BlogsI Thought Everyone Knew What AI Was—Until I Asked the Room
I Thought Everyone Knew What AI Was—Until I Asked the Room
Speed is crucial in leveraging AI for business, while misapplied technology is ineffective. Understanding AI as a system of eight dimensions and evolving from tools to teams of reasoning agents can enhance decision-making and drive value. Leaders should focus on intentional application rather than expertise.
Two Truths About AI That Changed the Way I Lead
By Eric Stavola
Before we dive into frameworks or fancy terminology, I want to offer you two core concepts that continue to shape how I think about AI and business:
Speed is the new value driver.
Whether we’re trying to serve a client faster, train a team quicker, make a decision ahead of the competition, or apply technology to compress timelines—speed is the variable we’re solving for. Faster with less risk. Faster with more clarity. Faster with more impact.
Technology, when misapplied, is worthless.
I’ve seen organizations spend millions on systems that never aligned to a real process, culture, or outcome. Without strategic application, technology becomes shelfware—or worse, confusion in motion.
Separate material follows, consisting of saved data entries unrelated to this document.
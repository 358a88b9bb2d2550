-- ===== src/Value/Validate.antt =====
-- value.py, `_validate_snapshot`. The wrappers' fields have their types and are no object cycles by the
-- types here, and a text is one that UTF-8 encodes.

use pyinc.Prelude.{
  ℕ, suc, Bool, true, false, not, ◌&&◌, Option, none, some, List, [], ◌∷◌, String, if◌then◌else◌,
  leb, ltb,
}
use pyinc.Value.Snapshot.{
  Scalars, Snapshot, Items, Entries, Fields, float, complex, frozen_list, frozen_dict, frozen_set,
  frozen_record, frozen_adapter_value, frozen_ref, frozen_graph, tuple, no_items, item, no_entries,
  entry, no_fields, field,
}
use pyinc.Value.Encode.{count_items}
use pyinc.Value.Payload.{fingerprint_snapshot}
use pyinc.Value.Classes.{Numbers, Class, class_equal, thaw_equivalence_key}
use pyinc.Value.Checks.{
  Invalid, too_nested, bad_nan, bad_complex_nan, ref_outside, keys_collapse, duplicate_keys,
  keys_unordered, set_kind, members_collapse, duplicate_members, members_unordered, type_name,
  field_name, duplicate_fields, adapter_key, no_nodes, node_shell, require, ◌>>◌, max_depth,
  all_distinct, is_sorted, check_reachable, in_graph, is_named, is_set_kind, is_shell,
  distinct_names,
}

module _ (c : Scalars) (num : Numbers c) where
  -- `key_class in key_classes`
  unfoldable pub has_class : Class c num → List (Class c num) → Bool
  has_class a [] = false
  has_class a (b ∷ bs) = if class_equal c num b a then true else has_class a bs

  -- `encoded_digest` of the keys, and of the members
  unfoldable pub key_digests : Entries c → List String
  key_digests no_entries = []
  key_digests (entry k v es) = fingerprint_snapshot c num.sha256 k ∷ key_digests es

  unfoldable pub item_digests : Items c → List String
  item_digests no_items = []
  item_digests (item x xs) = fingerprint_snapshot c num.sha256 x ∷ item_digests xs

  -- A NaN has the canonical bits.
  unfoldable pub is_canonical : c.Float → Bool
  is_canonical f = not (num.is_nan f && not (num.has_nan_bits f))

  unfoldable mutual
    unfolding require in_graph is_canonical is_named is_set_kind is_shell distinct_names
        all_distinct is_sorted has_class thaw_equivalence_key check_reachable

    -- `walk`, and its loops over items, entries, members, fields and nodes
    pub walk : Snapshot c → ℕ → Option ℕ → Option Invalid
    walk (float f) d size = require (leb d max_depth) too_nested >> require (is_canonical f) bad_nan
    walk (complex r i) d size =
        require (leb d max_depth) too_nested
        >> require (is_canonical r && is_canonical i) bad_complex_nan
    walk (frozen_ref i) d size =
        require (leb d max_depth) too_nested >> require (in_graph size i) ref_outside
    walk (tuple xs) d size = require (leb d max_depth) too_nested >> walk_items xs (suc d) size
    walk (frozen_list xs) d size =
        require (leb d max_depth) too_nested >> walk_items xs (suc d) size
    walk (frozen_dict es) d size =
        require (leb d max_depth) too_nested
        >> walk_entries es (suc d) size []
        >> require (all_distinct (key_digests es)) duplicate_keys
        >> require (is_sorted (key_digests es)) keys_unordered
    walk (frozen_set kind xs) d size =
        require (leb d max_depth) too_nested
        >> require (is_set_kind c kind) set_kind
        >> walk_members xs (suc d) size []
        >> require (all_distinct (item_digests xs)) duplicate_members
        >> require (is_sorted (item_digests xs)) members_unordered
    walk (frozen_record name fs) d size =
        require (leb d max_depth) too_nested
        >> require (is_named c name) type_name
        >> walk_fields fs (suc d) size
        >> require (distinct_names c fs) duplicate_fields
    walk (frozen_adapter_value key x) d size =
        require (leb d max_depth) too_nested
        >> require (is_named c key) adapter_key
        >> walk x (suc d) size
    walk (frozen_graph nodes root) d size =
        require (leb d max_depth) too_nested
        >> require (ltb 0 (count_items c nodes)) no_nodes
        >> walk_nodes nodes (suc d) (some (count_items c nodes))
        >> walk root (suc d) (some (count_items c nodes))
        >> check_reachable c nodes root
    walk _ d size = require (leb d max_depth) too_nested

    pub walk_items : Items c → ℕ → Option ℕ → Option Invalid
    walk_items no_items d size = none
    walk_items (item x xs) d size = walk x d size >> walk_items xs d size

    pub walk_entries : Entries c → ℕ → Option ℕ → List (Class c num) → Option Invalid
    walk_entries no_entries d size classes = none
    walk_entries (entry k v es) d size classes =
        walk k d size
        >> walk v d size
        >> require (not (has_class (thaw_equivalence_key c num k) classes)) keys_collapse
        >> walk_entries es d size (thaw_equivalence_key c num k ∷ classes)

    pub walk_members : Items c → ℕ → Option ℕ → List (Class c num) → Option Invalid
    walk_members no_items d size classes = none
    walk_members (item x xs) d size classes =
        walk x d size
        >> require (not (has_class (thaw_equivalence_key c num x) classes)) members_collapse
        >> walk_members xs d size (thaw_equivalence_key c num x ∷ classes)

    pub walk_fields : Fields c → ℕ → Option ℕ → Option Invalid
    walk_fields no_fields d size = none
    walk_fields (field name x fs) d size =
        require (is_named c name) field_name >> walk x d size >> walk_fields fs d size

    pub walk_nodes : Items c → ℕ → Option ℕ → Option Invalid
    walk_nodes no_items d size = none
    walk_nodes (item x xs) d size =
        require (is_shell c x) node_shell >> walk x d size >> walk_nodes xs d size

  unfoldable pub validate_snapshot : Snapshot c → Option Invalid
  unfolding walk
  validate_snapshot x = walk x 0 none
If you anchor to those two truths—speed and intentionality—you begin to see AI not as magic, but as a multiplier.
Now, I don’t claim to be an AI expert. I approach this topic with the same posture I encourage in others: curious, disciplined, and humble. But after spending years in tech, security, and business transformation, I’ve seen how AI breaks down into systems we can actually lead.
So let me walk you through the way I was taught to understand this—and how I’m helping others apply it.
Most Organizations Have Been Doing AI—They Just Didn’t Call It That
For years, many companies have taken advantage of Robotic Process Automation (RPA) and Machine Learning (ML). That’s been the backbone of a lot of the “digital transformation” efforts you’ve heard about.
But here’s the thing: AI is not one thing. It’s better understood as a system of eight dimensions—from how it perceives the world to how it reasons and interacts.
Here’s the breakdown:
The Eight Dimensions of AI (At a Glance)
Perception – Seeing and interpreting (e.g., computer vision, voice recognition)
Reasoning – Making logical decisions from rules or constraints
Knowledge Representation – Storing and retrieving facts, relationships, and models
Planning – Sequencing steps toward a goal
Learning – Adapting based on new data or outcomes
Natural Language Processing (NLP) – Understanding and generating language
Interaction – Engaging users through interfaces, voice, or chat
Autonomy – Taking action without ongoing human instruction
Quick Breakdown: RPA vs ML vs GPT vs Conversational AI
Technology
Core Functionality
How It Works
Typical Use Cases
Key Limitations
RPA
Automates rule-based tasks
Mimics human actions on digital systems using strict rules
Data entry, form processing
Can’t adapt; breaks with change
Machine Learning
Identifies patterns and learns from data
Trained on datasets to make predictions and improve over time
Fraud detection, forecasting, image analysis
Requires large quality datasets
GPT
Generates human-like text and understands context
Uses transformer-based deep learning models (LLMs)
Writing, summarizing, code generation
Can hallucinate or misinterpret nuance
Conversational AI
Enables natural interactions via voice or chat
Combines NLP, ML, and sometimes LLMs like GPT
Virtual assistants, chatbots, support
Struggles with ambiguity without strong design
What’s interesting here is this: Conversational AI isn’t the same as “chatting with AI.” You’ll get very different results depending on the tools, architecture, and design of the conversation.
The Future Is Teams of AI Agents That Reason Together
Now here’s where it gets exciting—and humbling.
We’re moving from tools to personas, then from personas to agents, and now toward AI teams.
A persona is a role-based design—think “Digital Sales Engineer.”
An agent takes that persona and gives it purpose, autonomy, and task execution.
But a team? That’s where things evolve. AI agents start reasoning with one another—challenging ideas, trading context, reconciling inputs. It’s not just collaboration; it’s cognitive distribution.
When AI agents begin acting like functional teams, you’re no longer just automating tasks—you’re scaling decision-making.
This is the type of development that forces leaders to rethink team design, accountability, and even ethics.
Every Day I Find a New Use Case
That’s the beauty—and the challenge—of this moment in history.
One day it’s a marketing agent rewriting messaging in our tone.
The next, it’s a security agent summarizing threats from ten sources.
Then it’s a research assistant that actually understands the context of a sales call.
AI is not a one-and-done deployment. It’s a leadership discipline.
And every day, the frontier moves.
What to take away from this
I started this article with two big truths. Let me leave you with one more:
You don’t need to be an expert in AI to lead with it.
But you do need to be fluent in how it drives value, risk, and behavior.
So stay humble. Stay curious. And keep challenging yourself to ask the better question—not “What does this tool do?” but:
“What part of my business could move faster, safer, or smarter if I applied this intentionally?”
That’s how we lead AI—not with hype, but with purpose.